The director brought in to helm the production was Nicholas Meyer, who at that point was best known for his Sherlock Holmes pastiche novel and its subsequent film adaptation, The Seven-Per-Cent Solution, plus the time-travel thriller Time After Time (1979). He was, by his own admission, not a Star Trek devotee, and Paramount hoped that an outsider's perspective might give the film a more disciplined, cinematic shape. Meyer reportedly did significant work on the script, drawing on Patrick O'Brian-style naval fiction for the film's tactical, submarine-warfare atmosphere. The result is a production that wears its theatrical influences fairly openly, something that will strike different viewers very differently. For an idea of how other action-driven productions from the same decade have aged, it's worth glancing at the site's look at Re-Animator (1985) or The Serpent and the Rainbow (1988), both films that carry the particular texture of their era in ways that can charm or irritate depending on your tolerance for the period.
The cast is largely drawn from the original television series, with William Shatner returning as Admiral James T. Kirk, Leonard Nimoy as Mr. Spock, and DeForest Kelley as Dr. Leonard McCoy. Ricardo Montalban reprises his role as Khan, a performance that had made an impression in the original episode and which he returned to with considerable gusto. Montalban was, by 1982, widely recognised from his long-running television work, and he brings a physical and vocal presence to the role that the production clearly leans on heavily. James Doohan, Nichelle Nichols, George Takei and Walter Koenig all return in supporting capacities, giving the film a sense of reunion that its core audience would have found warmly satisfying. Whether that same warmth translates to a viewer without that pre-existing bond is, of course, quite another question, and it is exactly the kind of question that separates a film's reputation from its actual experience on a fresh watch. It is worth considering, too, how other big action and adventure pictures hold up when stripped of their nostalgic aura, something the reviews of Transformers (2007) and Mad Max: Fury Road (2015) on this site touch on in their own ways.
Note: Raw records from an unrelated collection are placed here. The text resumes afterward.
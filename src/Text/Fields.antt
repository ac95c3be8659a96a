-- ===== src/Text/Fields.antt =====
-- `strings.Split` at a character, `strings.Join` with it, `strings.TrimSpace` and `strings.ToLower`,
-- on ASCII texts.
use juju_utils.Common.{
  ℕ, ◌+◌, ◌≡◌, ◌≢◌, refl, ap, ◌∙◌, arith, Bool, false, ◌&&◌, ◌||◌, List, [], ◌∷◌, ◌++◌,
  if◌then◌else◌, leb, nat_beq, All, All-append, Bool-cases, inl, inr,
}
use juju_utils.Common.Bytes.{Bytes}

-- The first field goes on to the left of the others.
abbrev pub longer : ℕ → List Bytes → List Bytes
longer c [] = (c ∷ []) ∷ []
longer c (field ∷ fields) = (c ∷ field) ∷ fields

unfoldable pub split : ℕ → Bytes → List Bytes
split sep [] = [] ∷ []
split sep (c ∷ s) = let rest = split sep s in if nat_beq c sep then [] ∷ rest else longer c rest

unfoldable pub join : ℕ → List Bytes → Bytes
join sep [] = []
join sep (s ∷ []) = s
join sep (s ∷ t ∷ rest) = s ++ sep ∷ join sep (t ∷ rest)

abbrev pub is_space : ℕ → Bool
is_space c = nat_beq c 32 || (leb 9 c && leb c 13)

unfoldable pub trim_left : Bytes → Bytes
trim_left [] = []
trim_left (c ∷ s) = let rest = trim_left s in if is_space c then rest else c ∷ s

abbrev pub put : ℕ → Bytes → Bytes
put c [] = if is_space c then [] else c ∷ []
put c (d ∷ s) = c ∷ d ∷ s

unfoldable pub trim_right : Bytes → Bytes
trim_right [] = []
trim_right (c ∷ s) = put c (trim_right s)

unfoldable pub trim_space : Bytes → Bytes
unfolding trim_left trim_right
trim_space s = trim_right (trim_left s)

abbrev pub lower : ℕ → ℕ
lower c = if leb b'A' c && leb c b'Z' then c + 32 else c

unfoldable pub to_lower : Bytes → Bytes
to_lower [] = []
to_lower (c ∷ s) = lower c ∷ to_lower s

split-lacks : (sep : ℕ) (s : Bytes) → All (λ c. c ≢ sep) s → split sep s ≡ s ∷ []
unfolding split
split-lacks sep [] h = refl
split-lacks sep (c ∷ s) h = ground (arith, split-lacks sep s h.1)

split-append :
    (sep : ℕ) (s t : Bytes) → All (λ c. c ≢ sep) s → split sep (s ++ sep ∷ t) ≡ s ∷ split sep t
unfolding split
split-append sep [] t h = ground arith
split-append sep (c ∷ s) t h = ground (arith, split-append sep s t h.1)

pub split-join :
    (sep : ℕ) (s : Bytes) (rest : List Bytes)
    → All (λ t. All (λ c. c ≢ sep) t) (s ∷ rest)
    → split sep (join sep (s ∷ rest)) ≡ s ∷ rest
unfolding join
split-join sep s [] h = split-lacks sep s h.0
split-join sep s (t ∷ rest) h =
    split-append sep s (join sep (t ∷ rest)) h.0
    ∙ ap (λ (ts : List Bytes). s ∷ ts) (split-join sep t rest h.1)

module _ (P : ℕ → Type 0) where
  longer-All :
      (c : ℕ) (fields : List Bytes) → P c → All (All P) fields → All (All P) (longer c fields)
  longer-All c [] p h = ((p, tt), tt)
  longer-All c (field ∷ fields) p h = ((p, h.0), h.1)

  trim_left-All : (s : Bytes) → All P s → All P (trim_left s)
  unfolding trim_left
  trim_left-All [] h = tt
  trim_left-All (c ∷ s) h = elim (Bool-cases (is_space c)) [
    | inl space ↦ rw space (trim_left-All s h.1)
    | inr other ↦ rw other h
  ]

  put-All : (c : ℕ) (s : Bytes) → P c → All P s → All P (put c s)
  put-All c [] p h = elim (Bool-cases (is_space c)) [
    | inl space ↦ rw space tt
    | inr other ↦ rw other (p, tt)
  ]
  put-All c (d ∷ s) p h = (p, h)

  trim_right-All : (s : Bytes) → All P s → All P (trim_right s)
  unfolding trim_right
  trim_right-All [] h = tt
  trim_right-All (c ∷ s) h = put-All c (trim_right s) h.0 (trim_right-All s h.1)

  pub trim_space-All : (s : Bytes) → All P s → All P (trim_space s)
  unfolding trim_space
  trim_space-All s h = trim_right-All (trim_left s) (trim_left-All s h)

-- The fields hold no separator, and otherwise what the text holds.
pub split-All :
    (P : ℕ → Type 0) (sep : ℕ) (s : Bytes)
    → All P s
    → All (All (λ c. P c × (c ≢ sep))) (split sep s)
unfolding split
split-All P sep [] h = (tt, tt)
split-All P sep (c ∷ s) h = elim (Bool-cases (nat_beq c sep)) [
  | inl here ↦ rw here (tt, split-All P sep s h.1)
  | inr other ↦ rw other (
      longer-All (λ k. P k × (k ≢ sep)) c (split sep s) (h.0, ground arith) (split-All P sep s h.1))
]

trim_right-put : (c : ℕ) (s : Bytes) → trim_right (put c s) ≡ put c (trim_right s)
unfolding trim_right
trim_right-put c [] = ground arith
trim_right-put c (d ∷ s) = refl

trim_right_idem : (s : Bytes) → trim_right (trim_right s) ≡ trim_right s
unfolding trim_right
trim_right_idem [] = refl
trim_right_idem (c ∷ s) = trim_right-put c (trim_right s) ∙ ap (put c) (trim_right_idem s)

trim_left-put : (c : ℕ) (s : Bytes) → is_space c ≡ false → trim_left (put c s) ≡ put c s
unfolding trim_left
trim_left-put c [] h = rw h (rw h refl)
trim_left-put c (d ∷ s) h = rw h refl

trim_left-trim_right : (s : Bytes) → trim_left (trim_right (trim_left s)) ≡ trim_right (trim_left s)
unfolding trim_left trim_right
trim_left-trim_right [] = refl
trim_left-trim_right (c ∷ s) = elim (Bool-cases (is_space c)) [
  | inl space ↦ rw space (trim_left-trim_right s)
  | inr other ↦ rw other (trim_left-put c (trim_right s) other)
]

pub trim_space_idem : (s : Bytes) → trim_space (trim_space s) ≡ trim_space s
unfolding trim_space
trim_space_idem s = ap trim_right (trim_left-trim_right s) ∙ trim_right_idem (trim_left s)

-- The characters of a text in lower case.
abbrev pub IsLower : ℕ → Type 0
IsLower c = lower c ≡ c

pub to_lower-All : (s : Bytes) → All IsLower (to_lower s)
unfolding to_lower
to_lower-All [] = tt
to_lower-All (c ∷ s) = (ground arith, to_lower-All s)

pub to_lower-same : (s : Bytes) → All IsLower s → to_lower s ≡ s
unfolding to_lower
to_lower-same [] h = refl
to_lower-same (c ∷ s) h = ground (arith, h.0, to_lower-same s h.1)

pub join-All :
    (P : ℕ → Type 0) (sep : ℕ) (fields : List Bytes)
    → P sep
    → All (All P) fields
    → All P (join sep fields)
unfolding join
join-All P sep [] p h = tt
join-All P sep (s ∷ []) p h = h.0
join-All P sep (s ∷ t ∷ rest) p h =
    All-append P s (sep ∷ join sep (t ∷ rest)) h.0 (p, join-All P sep (t ∷ rest) p h.1)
Star Trek II: The Wrath of Khan (1982) is often hailed as the best Star Trek film ever made, and if you grew up with the franchise, that praise might feel earned. But coming to it fresh, with no nostalgia or prior investment, it’s hard not to see its flaws clearly. The sets look like repurposed 1970s office corridors with a few blinking lights slapped on. The acting ranges from theatrical to outright hammy, William Shatner’s delivery alone borders on self-parody. And at around two hours, the pacing drags through long stretches of naval-style jargon and melodramatic speeches that don’t land for modern viewers. The special effects, once cutting-edge, now feel painfully dated: wobbly model ships against static starfields, matte paintings that scream “soundstage,” and space battles with all the urgency of a slow sailboat race. The script leans heavily on grandiose dialogue that’s become meme fodder for a reason, it’s unintentionally funny more than it is stirring. Without emotional context from the original series, Khan himself feels more like a shouting caricature than a credible threat. There’s clearly ambition here (a meditation on aging, sacrifice, and friendship) but it’s buried under clunky exposition and retro-futurism that hasn’t aged gracefully. What once amazed audiences in 1982 now feels like watching a well-intentioned high school play set in space. Historically significant? Absolutely. But as a standalone cinematic experience today? Dull, dated, and disappointingly amateurish.
I'll be honest, I went in hoping the reputation would hold up, and there are moments where you can just about see what the fuss is about. The ambition is real, even if the execution keeps getting in its own way. But good intentions and historical importance only carry a film so far, and sitting through it in 2024, I found myself checking the runtime more than once. Sometimes a classic is a classic because of when it arrived and who was there to receive it, and no amount of goodwill can fully paper over the cracks once those conditions are gone. It's the kind of film that rewards loyalty more than curiosity.